**WORK ORDER**
Scan the lines below for the string "updated" and copy every one that has it.
■ ■ ■ ■
-- ===== src/Client/FrameRings/Ready.antt =====
-- What the ring that a write finds reads as.
use ashiato_sync.Base.{
  ℕ, zero, suc, ◌*◌, ◌<◌, ◌≡◌, refl, sym, ap, ap₂, ◌∙◌, max, Bool, true, false, ◌&&◌, List, arith,
  Bool-cases, inl, inr, ◌==◌, not, length, replicate, get_or, if◌then◌else◌, length-replicate,
  ==_false→ne, ne→==_false, ==→eq,
}
use ashiato_sync.Capacity.{IsCapacity, slot_for, capacity_pos}
use ashiato_sync.Client.PayloadRing.{is_empty}
use ashiato_sync.Client.PayloadRing
use ashiato_sync.Client.PayloadRing.Slots.{IsSized, payload_bytes, pad}
use ashiato_sync.Client.FrameRings.{
  FrameMetadata, EntityRing, EntityBufferedFrame, ClientFrameRingStore, metadata_at, blank_metadata,
  copied, ring_at, read,
}
use ashiato_sync.Client.FrameRings.Reads.{IsRing, read_ring}

-- A frame whose bytes are filled up with zeros to the payload size of the ring.
abbrev pub padded : (stride : ℕ) → EntityBufferedFrame → EntityBufferedFrame
padded stride r = record r { baseline = record r.baseline { bytes = pad stride r.baseline.bytes } }

-- The payload size of an entity's ring after the write of a sample.
abbrev pub stride_after : ClientFrameRingStore → ℕ → EntityBufferedFrame → ℕ
stride_after s entity_index sample =
    max (length sample.baseline.bytes) (ring_at s entity_index).payload_stride

-- What `frame` of the entity `other` reads as after `sample` was written to `entity_index`.
abbrev pub updated :
    ClientFrameRingStore
    → (entity_index : ℕ) → EntityBufferedFrame
    → (other frame : ℕ) → EntityBufferedFrame
    → Bool × EntityBufferedFrame
updated s entity_index sample other frame out =
    let stride = stride_after s entity_index sample in
    let before = read s other frame out in
    if not (other == entity_index)
    then before
    else if frame == sample.frame
    then (if sample.valid then (true, padded stride sample) else (false, out))
    else if slot_for s.capacity frame == slot_for s.capacity sample.frame
    then (false, out)
    else (before.0, (if before.0 then padded stride before.1 else before.1))

-- The read of a slot with `sample` and `bytes` in it.
abbrev pub read_slot :
    FrameMetadata → List ℕ → (frame : ℕ) → EntityBufferedFrame → Bool × EntityBufferedFrame
read_slot sample bytes frame out =
    if sample.valid && (sample.frame == frame) then (true, copied sample bytes) else (false, out)

pub read_ring_lem :
    (ring : EntityRing) (capacity frame : ℕ) (out : EntityBufferedFrame)
    → length ring.metadata ≡ capacity
    → 0 < capacity
    → read_ring ring frame out
      ≡ read_slot
          (metadata_at ring (slot_for capacity frame))
          (payload_bytes ring (slot_for capacity frame))
          frame
          out
unfolding is_empty
read_ring_lem ring capacity frame out e pos =
    rw (ne→==_false (length ring.metadata) 0 (λ q. absurd (omega arith))) (
      ap
        (λ n.
          read_slot (metadata_at ring (slot_for n frame)) (payload_bytes ring (slot_for n frame))
            frame out)
        e)

-- The ring that a write finds has its slots, and reads as before.
pub record Ready (capacity : ℕ) (ring after : EntityRing) : Type 0 where
  pub full : length after.metadata ≡ capacity
  pub sized : IsSized after
  pub stride_kept : after.payload_stride ≡ ring.payload_stride
  pub reads :
      (frame : ℕ) (out : EntityBufferedFrame) → read_ring after frame out ≡ read_ring ring frame out

no_bytes : (capacity : ℕ) → 0 * 0 ≡ capacity * 0
no_bytes capacity = omega arith

blank_at :
    (capacity slot : ℕ)
    → get_or (replicate capacity blank_metadata) slot blank_metadata ≡ blank_metadata
blank_at zero slot = refl
blank_at (suc capacity) zero = refl
blank_at (suc capacity) (suc slot) = blank_at capacity slot

blank_slot :
    (capacity slot frame : ℕ) (bytes : List ℕ) (out : EntityBufferedFrame)
    → read_slot (get_or (replicate capacity blank_metadata) slot blank_metadata) bytes frame out
      ≡ (false, out)
blank_slot capacity slot frame bytes out =
    ap (λ (m : FrameMetadata). read_slot m bytes frame out) (blank_at capacity slot)

read_ring_gone :
    (ring : EntityRing) (frame : ℕ) (out : EntityBufferedFrame)
    → (length ring.metadata == 0) ≡ true
    → (false, out) ≡ read_ring ring frame out
unfolding is_empty
read_ring_gone ring frame out gone = rw gone refl

pub ensure-Ready :
    (capacity : ℕ) (ring : EntityRing)
    → IsCapacity capacity
    → IsRing capacity ring
    → Ready capacity ring (PayloadRing.ensure blank_metadata capacity ring)
unfolding PayloadRing.ensure is_empty metadata_at
ensure-Ready capacity ring cap shape = elim (Bool-cases (length ring.metadata == 0)) [
  | inr there ↦
      rw (there, PayloadRing.ensure)
        record {
          full = elim shape.entries [
            | inl (e, q) ↦ absurd (==_false→ne (length ring.metadata) 0 there e)
            | inr e ↦ e
          ];
          sized = shape.sized;
          stride_kept = refl;
          reads = λ frame out. refl;
        }
  | inl gone ↦
      let made : EntityRing = record ring { metadata = replicate capacity blank_metadata } in
      let no_stride : ring.payload_stride ≡ 0 = elim shape.entries [
        | inl (e, q) ↦ q
        | inr e ↦ absurd (ground (arith, capacity_pos capacity cap))
      ] in
      let full : length made.metadata ≡ capacity = length-replicate capacity blank_metadata in
      rw (gone, PayloadRing.ensure)
        record {
          full = full;
          sized =
              shape.sized
              ∙ ap₂ (λ n m. n * m) (==→eq (length ring.metadata) 0 gone) no_stride
              ∙ no_bytes capacity
              ∙ ap₂ (λ n m. n * m) (sym full) (sym no_stride);
          stride_kept = refl;
          reads = λ frame out.
              read_ring_lem made capacity frame out full (capacity_pos capacity cap)
              ∙ blank_slot capacity (slot_for capacity frame) frame
                  (payload_bytes made (slot_for capacity frame)) out
              ∙ read_ring_gone ring frame out gone;
        }
]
■ ■ ■ ■
**OUTPUT**
abbrev pub updated :
updated s entity_index sample other frame out =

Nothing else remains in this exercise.